Welche Rolle kommt Deutschland bei der COP26 zu? Deutschland verhandelt als Teil der EU-Delegation. Laut Bundesumweltministerin Svenja Schulze will man sich dafür einsetzen, dass die EU geschlossen für mehr Klimaschutz eintritt. Umwelt-Staatssekretär Jochen Flasbarth attestierte dem Kampf gegen den Klimawandel große Fortschritte. Viele Länder hätten sich zuletzt verpflichtet, bis Mitte des Jahrhunderts klimaneutral zu werden, so Flasbarth. Einzeln betrachtet hätten die Weltklimakonferenzen bislang - mit Ausnahme von Paris - keine großen Durchbrüche gebracht. Die COP26 sei Teil der „langen Wegstrecke“ hin zu mehr Klimaschutz. Krischer hob die Vorbildfunktion Deutschlands hervor: „Mit der Sondierungsvereinbarung zu einem vorgezogenen Kohleausstieg sendet Deutschland ein starkes Signal nach Glasgow, dass ein großes Industrieland zeitnah auf die Nutzung der Kohle verzichten will.“ Die Ampel will den Kohle-Ausstieg in Deutschland von 2038 auf 2030 vorziehen

Was ist das Problem beim Klimaschutz? Grundsätzlich geht es um die Verteilung von Lasten und Chancen. Was hilft es, wenn Deutschland aus der Kohle aussteigt, aber China und Indien mehr denn je auf Kohle setzen? Und darf der Westen, der selbst durch massive Nutzung der Kohle groß geworden ist, jetzt Entwicklungsländer um ihre Wachstumschancen bringen? Der Vorsitzende der Deutschen Bischofskonferenz, Georg Bätzing, mahnt bereits: „Gerade Deutschland hat aufgrund seiner historischen Emissionen eine besondere Verpflichtung für das Weltklima.“ Andererseits bringt einseitiger Klima-Ehrgeiz eines Landes nur wenig und schadet seiner Wirtschaft: „Für eine Industrie wie die deutsche, die im globalen Wettbewerb steht, ist es eine einseitige Belastung, wenn sie zuhause scharfe Sektorziele zu erfüllen hat, die international so nicht gelten", warnte Holger Lösch, Vize-Chef des Bundesverbands der Deutschen Industrie, und fordert mehr internationale Kooperation im Kampf gegen die Erderwärmung.
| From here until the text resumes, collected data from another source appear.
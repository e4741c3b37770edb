-- ===== src/Media/Tokens/RoundTrip.antt =====
-- Tokens signed and verified with one key, in backend/internal/media/access.go.
use ketapod_website.Base.{
  ℕ, zero, suc, ◌+◌, ◌*◌, ◌/◌, ◌%◌, ◌≤◌, ◌<◌, ◌≡◌, ◌≢◌, refl, ap, ◌∙◌, Bool, true, false, ◌&&◌,
  some, [], ◌∷◌, ◌++◌, leb, arith, ==_refl,
}
use ketapod_website.Base.Int.{pos, ◌*ℤ◌, ltb_ℤ, int64_half, mul_pos}
use ketapod_website.Base.Text.{Bytes, bytes_eq_refl, cut, contains_byte, digits, digits_from}
use ketapod_website.Media.{parse_int}
use ketapod_website.Media.Tokens.{
  Signer, second, emit, print, print_ℤ, split, payload, sign, verify,
}

cut_lem :
    (b : ℕ) (s rest : Bytes) → contains_byte b s ≡ false → cut b (s ++ (b ∷ rest)) ≡ some (s, rest)
cut_lem b [] rest h = rw (==_refl b)
cut_lem b (c ∷ cs) rest h = ground (arith, cut_lem b cs rest)

split_lem :
    (b : ℕ) (s rest : Bytes)
    → contains_byte b s ≡ false
    → split b (s ++ (b ∷ rest)) ≡ s ∷ split b rest
unfolding split
split_lem b [] rest h = rw (==_refl b)
split_lem b (c ∷ cs) rest h = ground (arith, split_lem b cs rest)

split_last : (b : ℕ) (s : Bytes) → contains_byte b s ≡ false → split b s ≡ s ∷ []
unfolding split
split_last b [] h = refl
split_last b (c ∷ cs) h = ground (arith, split_last b cs)

-- Printed numbers.
abbrev is_number : Bytes → Bool
is_number [] = true
is_number (c ∷ cs) = leb 48 c && leb c 57 && is_number cs

emit-is_number : (f n : ℕ) (out : Bytes) → is_number out ≡ true → is_number (emit f n out) ≡ true
emit-is_number zero n out h = h
emit-is_number (suc f) n out h = ground (arith, emit-is_number f (n / 10) ((48 + n % 10) ∷ out))

number-contains_byte : (s : Bytes) → is_number s ≡ true → contains_byte b'|' s ≡ false
number-contains_byte [] h = refl
number-contains_byte (c ∷ cs) h = ground (arith, number-contains_byte cs)

digits_from-emit :
    (f n : ℕ) (out : Bytes) → n < f → digits_from 0 (emit f n out) ≡ digits_from n out
digits_from-emit zero n out h = absurd (omega arith)
digits_from-emit (suc f) n out h = ground (arith, digits_from-emit f (n / 10) ((48 + n % 10) ∷ out))

parse_int-number :
    (s : Bytes) {n : ℕ}
    → is_number s ≡ true
    → digits s ≡ some n
    → n < int64_half
    → parse_int s ≡ some (pos n)
parse_int-number [] h e small = cc
parse_int-number (c ∷ cs) h e small = ground arith

emit_nonempty : (f n c : ℕ) (cs : Bytes) → emit f n (c ∷ cs) ≢ []
emit_nonempty zero n c cs h = cc
emit_nonempty (suc f) n c cs h = ground (arith, emit_nonempty f (n / 10) (48 + n % 10) (c ∷ cs))

print_nonempty : (n : ℕ) → print n ≢ []
unfolding print
print_nonempty n h = ground (arith, emit_nonempty n (n / 10) (48 + n % 10) [])

digits-of : (s : Bytes) → s ≢ [] → digits s ≡ digits_from 0 s
digits-of [] h = absurd (h refl)
digits-of (c ∷ cs) h = refl

parse_int-print : (n : ℕ) → n < int64_half → parse_int (print n) ≡ some (pos n)
unfolding print
parse_int-print n small =
    parse_int-number (print n) (emit-is_number (suc n) n [] refl)
      (digits-of (print n) (print_nonempty n) ∙ digits_from-emit (suc n) n [] (omega arith)) small

print-contains_byte : (n : ℕ) → contains_byte b'|' (print n) ≡ false
unfolding print
print-contains_byte n = number-contains_byte (print n) (emit-is_number (suc n) n [] refl)

split_payload :
    (signer : Signer) (clock n : ℕ) (asset : Bytes)
    → contains_byte b'|' asset ≡ false
    → split b'|' (payload signer clock asset (pos n))
      ≡ asset ∷ print ((clock + signer.ttl) / second) ∷ print n ∷ []
unfolding payload print_ℤ
split_payload signer clock n asset plain =
    split_lem b'|' asset _ plain
    ∙ ap (λ t. asset ∷ t)
        (split_lem b'|' (print ((clock + signer.ttl) / second)) _
            (print-contains_byte ((clock + signer.ttl) / second))
          ∙ ap (λ t. print ((clock + signer.ttl) / second) ∷ t)
              (split_last b'|' (print n) (print-contains_byte n)))

-- A token that is verified with the key that signed it, at a time up to the expiry in whole seconds,
-- gives back the asset, the expiry and the seconds that were signed. (Base64 decodes what it encodes,
-- and writes no dot; the id of the asset has no bar in it; the numbers fit an int64.)
pub verify-sign :
    (signer : Signer) (clock now n : ℕ) (asset : Bytes)
    → ((s : Bytes) → signer.decode (signer.encode s) ≡ some s)
    → ((s : Bytes) → contains_byte b'.' (signer.encode s) ≡ false)
    → contains_byte b'|' asset ≡ false
    → n < int64_half
    → (clock + signer.ttl) / second < int64_half
    → now ≤ (clock + signer.ttl) / second * second
    → verify signer now (sign signer clock asset (pos n))
      ≡ some (record {
        asset_id = asset;
        expires_at = pos ((clock + signer.ttl) / second);
        max_seconds = pos n;
      })
unfolding verify sign
verify-sign signer clock now n asset decodes undotted plain small early live = rw (
  cut_lem b'.' (signer.encode (payload signer clock asset (pos n)))
      (signer.mac (signer.encode (payload signer clock asset (pos n))))
      (undotted (payload signer clock asset (pos n))),
  bytes_eq_refl (signer.mac (signer.encode (payload signer clock asset (pos n)))),
  decodes (payload signer clock asset (pos n)),
  split_payload signer clock n asset plain,
  parse_int-print ((clock + signer.ttl) / second) early,
  parse_int-print n small,
  in_time,
)
  where
    in_time : ltb_ℤ (pos ((clock + signer.ttl) / second) *ℤ pos second) (pos now) ≡ false
    in_time = rw (mul_pos ((clock + signer.ttl) / second) second) (ground arith)
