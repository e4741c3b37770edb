-- ===== src/Media/Playback/Contained.antt =====
-- From the decision to the bytes: `PlaybackURL` followed by `OpenAsset` of
-- backend/internal/media/service.go.
use ketapod_website.Base.{
  ℕ, ◌+◌, ◌*◌, ◌/◌, ◌≤◌, ◌<◌, ◌≡◌, refl, ap, ◌∙◌, inl, inr, true, false, Option, none, some, arith,
  Bool-cases,
}
use ketapod_website.Base.Int.{ℤ, pos, pos_part, Int64, int64_half, ltb_ℤ, leb_ℤ, wrap64-Int64}
use ketapod_website.Base.Text.{Bytes, contains_byte}
use ketapod_website.Media.{clamp_range, preview_byte_limit}
use ketapod_website.Media.Access.{preview, AccessDecision, playable, Answers, resolve_access}
use ketapod_website.Media.Playback.{
  AudioAsset, EffectiveRange, clamped, granted_seconds, url_for, clamped_or, playback_url,
  open_found, open_asset,
}
use ketapod_website.Media.Preview.{IsInside, clamp_range-IsInside}
use ketapod_website.Media.Tokens.{Signer, second, sign, verify}
use ketapod_website.Media.Tokens.RoundTrip.{verify-sign}
use ketapod_website.Store.{Result, ok, err}

url_for_inv :
    (signer : Signer) (clock : ℕ) (x : Result AccessDecision) (asset : AudioAsset) {token : Bytes}
    {d : AccessDecision}
    → url_for signer clock x (some asset) ≡ ok (token, d)
    → (playable d ≡ true)
      × (token ≡ sign signer clock asset.id (granted_seconds d.level d.max_seconds))
url_for_inv signer clock (err e) asset h = cc
url_for_inv signer clock (ok x) asset {token} {d} h = ground arith

preview_byte_limit-Int64 : (s k : ℤ) → Int64 (preview_byte_limit s k)
unfolding preview_byte_limit
preview_byte_limit-Int64 s k = elim (Bool-cases (leb_ℤ s (pos 0))) [
  | inl none_at_all ↦ rw none_at_all (record { above = omega arith; below = omega arith })
  | inr some_at_all ↦ rw some_at_all (wrap64-Int64 _)
]

clamped_or_inv :
    (asset : AudioAsset) (o : Option (ℤ × ℤ)) {a : AudioAsset} {range : EffectiveRange}
    → clamped_or asset o ≡ ok (a, range)
    → (a ≡ asset) × ((r : ℤ × ℤ) × (range ≡ clamped r) × (o ≡ some r))
clamped_or_inv asset none h = cc
clamped_or_inv asset (some r) {a} {range} h = (ground arith, (r, ground arith, refl))

module _ (signer : Signer) (clock : ℕ) where
  -- A preview is of some seconds, and the token says how many.
  preview_token :
      (d : AccessDecision) (x : Result AccessDecision) (asset : AudioAsset) {token : Bytes}
      → d.level ≡ preview
      → url_for signer clock x (some asset) ≡ ok (token, d)
      → (0 < pos_part d.max_seconds)
        × (d.max_seconds ≡ pos (pos_part d.max_seconds))
        × (token ≡ sign signer clock asset.id (pos (pos_part d.max_seconds)))
  unfolding playable
  preview_token d x asset {token} short made =
      let (on, text) = url_for_inv signer clock x asset made in
      let some_seconds : ltb_ℤ (pos 0) d.max_seconds ≡ true = rw short at on in
      let same : d.max_seconds ≡ pos (pos_part d.max_seconds) =
        positive d.max_seconds some_seconds in
      (ground arith, same, text ∙ ap (sign signer clock asset.id) (rw short same))
    where
      positive : (s : ℤ) → ltb_ℤ (pos 0) s ≡ true → s ≡ pos (pos_part s)
      positive s h = ground arith

  opened_clamped :
      (n : ℕ) (header : Bytes) (asset a : AudioAsset) (range : EffectiveRange)
      → 0 < n
      → open_found (pos n) header (some asset) ≡ ok (a, range)
      → (a ≡ asset)
        × ((r : ℤ × ℤ) × (range ≡ clamped r)
            × (clamp_range header (preview_byte_limit (pos n) asset.bitrate_kbps) ≡ some r))
  opened_clamped n header asset a range some_seconds h =
      let on : ltb_ℤ (pos 0) (pos n) ≡ true = ground arith in clamped_or_inv asset _ (rw on at h)

  -- A listener who is given a preview gets a token that opens only the preview: whatever Range header
  -- it is presented with before it expires, the bytes asked of the object store are those of the
  -- asset, in a range that is not empty and ends before the limit for the seconds of the preview.
  -- (Base64 decodes what it encodes and writes no dot; the id of the asset has no bar in it and finds
  -- the asset; the seconds and the expiry fit an int64.)
  pub playback_url-IsInside :
      (now : ℕ) (answers : Answers) (assets : Bytes → Option AudioAsset) (asset a : AudioAsset)
      (token header : Bytes) (d : AccessDecision) (range : EffectiveRange)
      → ((s : Bytes) → signer.decode (signer.encode s) ≡ some s)
      → ((s : Bytes) → contains_byte b'.' (signer.encode s) ≡ false)
      → contains_byte b'|' asset.id ≡ false
      → assets asset.id ≡ some asset
      → pos_part d.max_seconds < int64_half
      → (clock + signer.ttl) / second < int64_half
      → now ≤ (clock + signer.ttl) / second * second
      → playback_url signer clock answers (some asset) ≡ ok (token, d)
      → d.level ≡ preview
      → open_asset signer now assets token header ≡ ok (a, range)
      → (a ≡ asset)
        × ((r : ℤ × ℤ) × (range ≡ clamped r)
            × IsInside (preview_byte_limit d.max_seconds asset.bitrate_kbps) r)
  unfolding playback_url open_asset
  playback_url-IsInside now answers assets asset a token header d range decodes undotted plain known
        small early live made short opened =
      let (some_seconds, same, text) = preview_token d (resolve_access answers) asset short made in
      let read =
        ap (verify signer now) text
        ∙ verify-sign signer clock now (pos_part d.max_seconds) asset.id decodes undotted plain
            small early live in
      let (same_asset, (r, is_clamped, granted)) =
        opened_clamped (pos_part d.max_seconds) header asset a range some_seconds
          (rw (read, known) at opened) in
      (
        same_asset,
        (
          r,
          is_clamped,
          rw same (clamp_range-IsInside header _ r (preview_byte_limit-Int64 _ _) granted).1,
        ),
      )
Wo liegen die Knackpunkte in Glasgow? Umweltministerin Schulze sieht besonders den Emissionshandel als kritischen Punkt. Dabei geht es um den Artikel 6 des Pariser Abkommens, der die Zusammenarbeit zwischen Staaten oder zwischen Firmen und Staaten regelt. Umstritten ist noch, wer sich Minderungen beim Ausstoß von Treibhausgasen anrechnen darf, um Doppelbuchungen und damit eine Verfälschung des tatsächlichen Fortschritts auszuschließen. Schulzes Parteikollege Gremmels erwartet zudem beim Thema Atomkraft „spannende Debatten“. Dabei spricht er sich klar gegen eine Renaissance der Atomkraft aus, der entstehende Müll werde die Umwelt „für Millionen Jahre“ belasten. Frankreich hingegen setzt auf Atomkraft als Heilmittel gegen den Klimawandel.